» **WHAT YOU HAVE TO DO**: Given the material below, output exactly the lines from the line with "fetch_day s city day w" to the line with "unfoldable pub add_partition", both ends included, and no other lines.

» **RECORDS SUPPLIED**:
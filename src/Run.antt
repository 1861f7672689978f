-- ===== src/Run.antt =====
-- src/pipeline/run.py: fetch, validate, land and load, for every day and every city.
pub mod Window
pub mod Hours
pub mod Clean
pub mod Unique
pub mod OneDay
pub mod Accepted
pub mod Ingest
pub mod Summary
pub mod Again
pub mod Audit
pub mod Tests
mod UniqueTests
use batch_api_snowflake.Base.{
  ℕ, zero, suc, ◌+◌, ◌-◌, ◌==◌, ltb, leb, String, Bool, true, false, not, ◌&&◌,
}
use batch_api_snowflake.Base.{
  Option, none, some, List, [], ◌∷◌, ◌++◌, map, length, keep, contains, is_empty,
}
use batch_api_snowflake.Base.{if◌then◌else◌, String-discrete}
use batch_api_snowflake.Errors.{Error, Result, ok, err, value_error}
use batch_api_snowflake.Exec.{Exec, pure, raise, lift, ◌>>=◌, ◌>>◌}
use batch_api_snowflake.Values.{Datetime, Fields, Row, Value-discrete}
use batch_api_snowflake.Calendar.{Date, sub_days}
use batch_api_snowflake.Platform.{Platform}
use batch_api_snowflake.Contract.{Contract}
use batch_api_snowflake.Models.{City, WeatherObservation, flatten_hourly, payload_hash, model_dump}
use batch_api_snowflake.Client.{fetch_hourly}
use batch_api_snowflake.Disk.{FilePath, Disk}
use batch_api_snowflake.Landing.{LandedBatch, write_batch, clear_partition, cleanup_temp_files}
use batch_api_snowflake.Quality.{QualityReport, check_batch, default_max_reject_ratio}
use batch_api_snowflake.Warehouse.Session.{World, call}
use batch_api_snowflake.Warehouse.Loader.{LoadResult, already_loaded, load_batch}

pub record RunSummary : Type 0 where
  pub partitions_attempted : ℕ
  pub partitions_loaded : ℕ
  pub partitions_skipped : ℕ
  pub rows_inserted : ℕ
  pub rows_updated : ℕ
  pub rows_rejected : ℕ

-- `RunSummary()`
abbrev pub no_partitions : RunSummary
no_partitions = record {
  partitions_attempted = 0;
  partitions_loaded = 0;
  partitions_skipped = 0;
  rows_inserted = 0;
  rows_updated = 0;
  rows_rejected = 0;
}

-- `sum(s.get(key, 0) for s in summaries)`, of the summaries of several runs.
abbrev pub sum_of : (RunSummary → ℕ) → List RunSummary → ℕ
sum_of f [] = 0
sum_of f (s ∷ summaries) = f s + sum_of f summaries

-- The settings that a run reads. The clock shows the same time all through a run.
pub record Settings : Type 0 where
  pub landing_zone_root : FilePath
  pub weather_api_base_url : String
  pub weather_api_max_retries : ℕ
  pub now : Datetime

unfoldable pub dates_from : ℕ → Date → Date → List Date
dates_from zero current end = []
dates_from (suc fuel) current end =
    let rest = dates_from fuel (suc current) end in if leb current end then current ∷ rest else []

-- `date_range`, for an `end` before `date.max`; the fuel is the number of days of the window.
unfoldable pub date_range : Date → Date → List Date
unfolding dates_from
date_range start end = dates_from (suc end - start) start end

-- `max_available_date`
unfoldable pub max_available_date : Date → Contract → Result Date
max_available_date today c = sub_days today c.source_lag_days

pub Row-discrete : Discrete Row
Row-discrete = hlevel (String-discrete, Value-discrete)

-- `[obs for obs in observations if obs.model_dump() in accepted_rows]`
unfoldable pub accepted_among : List Row → List WeatherObservation → List WeatherObservation
unfolding model_dump
accepted_among rows observations =
    keep (λ o. contains Row-discrete rows (model_dump o)) observations

-- A change of the disk, as one of the world.
unfoldable pub on_disk : {A : Type 0} → Exec Disk A → Exec World A
on_disk m w = let (r, d) = m w.disk in (r, record w { disk = d })

-- `client.fetch_hourly(city, day, day)`
unfoldable pub fetch_day : Settings → City → Date → Exec World Fields
unfolding fetch_hourly
fetch_day s city day w =
    let (r, i) =
      fetch_hourly w.server s.weather_api_base_url s.weather_api_max_retries w.requests city day
        day in
    (r, record w { requests = i })

-- `Path(settings.landing_zone_root).parent / "quarantine"`
unfoldable pub quarantine_root : FilePath → FilePath
quarantine_root [] = "quarantine" ∷ []
quarantine_root (x ∷ []) = "quarantine" ∷ []
quarantine_root (x ∷ y ∷ path) = x ∷ quarantine_root (y ∷ path)

-- What a partition adds to the summary.
unfoldable pub add_partition : RunSummary → ℕ × ℕ × ℕ → RunSummary
add_partition t (inserted, updated, rejected) =
    let skipped = inserted == 0 && updated == 0 in
    record {
      partitions_attempted = suc t.partitions_attempted;
      partitions_loaded = if skipped then t.partitions_loaded else suc t.partitions_loaded;
      partitions_skipped = if skipped then suc t.partitions_skipped else t.partitions_skipped;
      rows_inserted = t.rows_inserted + inserted;
      rows_updated = t.rows_updated + updated;
      rows_rejected = t.rows_rejected + rejected;
    }

abbrev pub connect_effect : Exec World (Unit {0})
connect_effect w = (ok tt, record w { current = w.committed })

-- `with snowflake_connection(...)`: closing gives up what is not committed.
unfoldable pub connected_to : {A : Type 0} → Exec World A → Exec World A
unfolding call
connected_to m = do
  call connect_effect
  λ w. let (r, w') = m w in (r, record w' { current = w'.committed })

-- The end of the window, as it is clamped.
unfoldable pub clamp : Date → Date → Date
clamp end ceiling = if ltb ceiling end then ceiling else end

module _ (p : Platform) (c : Contract) (s : Settings) (run_id : String) where
  -- The load of a landed batch, or the return without one when there is no connection.
  unfoldable pub load_landed : Bool → ℕ → QualityReport → LandedBatch → Exec World (ℕ × ℕ × ℕ)
  unfolding load_batch
  load_landed false fetched report batch = pure (0, 0, report.rejected_rows)
  load_landed true fetched report batch = do
    result ← load_batch batch run_id fetched report.rejected_rows s.now s.now
    pure (result.rows_inserted, result.rows_updated, report.rejected_rows)

  -- `ingest_day` from `observations` on, when there are some.
  unfoldable pub land_observations :
      City → Date → String → Bool → Bool → List WeatherObservation → Exec World (ℕ × ℕ × ℕ)
  unfolding on_disk check_batch write_batch clear_partition accepted_among load_landed model_dump
  land_observations city day hash connected full_refresh observations = do
    checked ← on_disk (
        check_batch c (map model_dump observations) city.city_id day
          (quarantine_root s.landing_zone_root) s.now default_max_reject_ratio)
    if full_refresh then on_disk (clear_partition s.landing_zone_root day city.city_id) else pure tt
    batch ← on_disk (
        write_batch p s.landing_zone_root s.now city.city_id day
          (accepted_among checked.0 observations) hash)
    load_landed connected (length observations) checked.1 batch

  -- `ingest_day` after the guard.
  unfoldable pub ingest_payload : City → Date → Fields → Bool → Bool → Exec World (ℕ × ℕ × ℕ)
  unfolding flatten_hourly land_observations
  ingest_payload city day payload connected full_refresh = do
    observations ← lift (flatten_hourly p city payload)
    if is_empty observations
        then raise value_error
        else land_observations city day (payload_hash p payload) connected full_refresh observations

  -- The guard of `ingest_day`: only a run with a connection and without --full-refresh asks.
  unfoldable pub is_unchanged : City → Date → Fields → Bool → Bool → Exec World Bool
  unfolding already_loaded
  is_unchanged city day payload connected full_refresh =
      if connected && not full_refresh
      then already_loaded city.city_id day (payload_hash p payload)
      else pure false

  -- `ingest_day`: the rows inserted, updated and rejected.
  unfoldable pub ingest_day : City → Date → Bool → Bool → Exec World (ℕ × ℕ × ℕ)
  unfolding fetch_day is_unchanged ingest_payload
  ingest_day city day connected full_refresh = do
    payload ← fetch_day s city day
    unchanged ← is_unchanged city day payload connected full_refresh
    if unchanged then pure (0, 0, 0) else ingest_payload city day payload connected full_refresh

  -- The loop over the cities, for one day.
  unfoldable pub run_cities : Date → Bool → Bool → List City → RunSummary → Exec World RunSummary
  unfolding ingest_day add_partition
  run_cities day connected full_refresh [] t = pure t
  run_cities day connected full_refresh (city ∷ cities) t = do
    counts ← ingest_day city day connected full_refresh
    run_cities day connected full_refresh cities (add_partition t counts)

  -- The loop over the days.
  unfoldable pub run_days : List Date → Bool → Bool → List City → RunSummary → Exec World RunSummary
  unfolding run_cities
  run_days [] connected full_refresh cities t = pure t
  run_days (day ∷ days) connected full_refresh cities t = do
    t' ← run_cities day connected full_refresh cities t
    run_days days connected full_refresh cities t'

  -- `run` from `cleanup_temp_files` on.
  unfoldable pub run_window : Date → Date → List City → Bool → Bool → Exec World RunSummary
  unfolding on_disk run_days date_range connected_to cleanup_temp_files
  run_window start end cities full_refresh land_only = do
    removed ← on_disk (cleanup_temp_files s.landing_zone_root)
    if land_only
        then run_days (date_range start end) false full_refresh cities no_partitions
        else connected_to (run_days (date_range start end) true full_refresh cities no_partitions)

  -- `run`, after the contract and the cities are loaded.
  unfoldable pub run : Date → Date → Date → List City → Bool → Bool → Exec World RunSummary
  unfolding max_available_date clamp run_window
  run today start end cities full_refresh land_only = do
    ceiling ← lift (max_available_date today c)
    if ltb (clamp end ceiling) start
        then pure no_partitions
        else run_window start (clamp end ceiling) cities full_refresh land_only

» **RESULT FOR THIS TASK**:
fetch_day s city day w =
    let (r, i) =
      fetch_hourly w.server s.weather_api_base_url s.weather_api_max_retries w.requests city day
        day in
    (r, record w { requests = i })

-- `Path(settings.landing_zone_root).parent / "quarantine"`
unfoldable pub quarantine_root : FilePath → FilePath
quarantine_root [] = "quarantine" ∷ []
quarantine_root (x ∷ []) = "quarantine" ∷ []
quarantine_root (x ∷ y ∷ path) = x ∷ quarantine_root (y ∷ path)

-- What a partition adds to the summary.
unfoldable pub add_partition : RunSummary → ℕ × ℕ × ℕ → RunSummary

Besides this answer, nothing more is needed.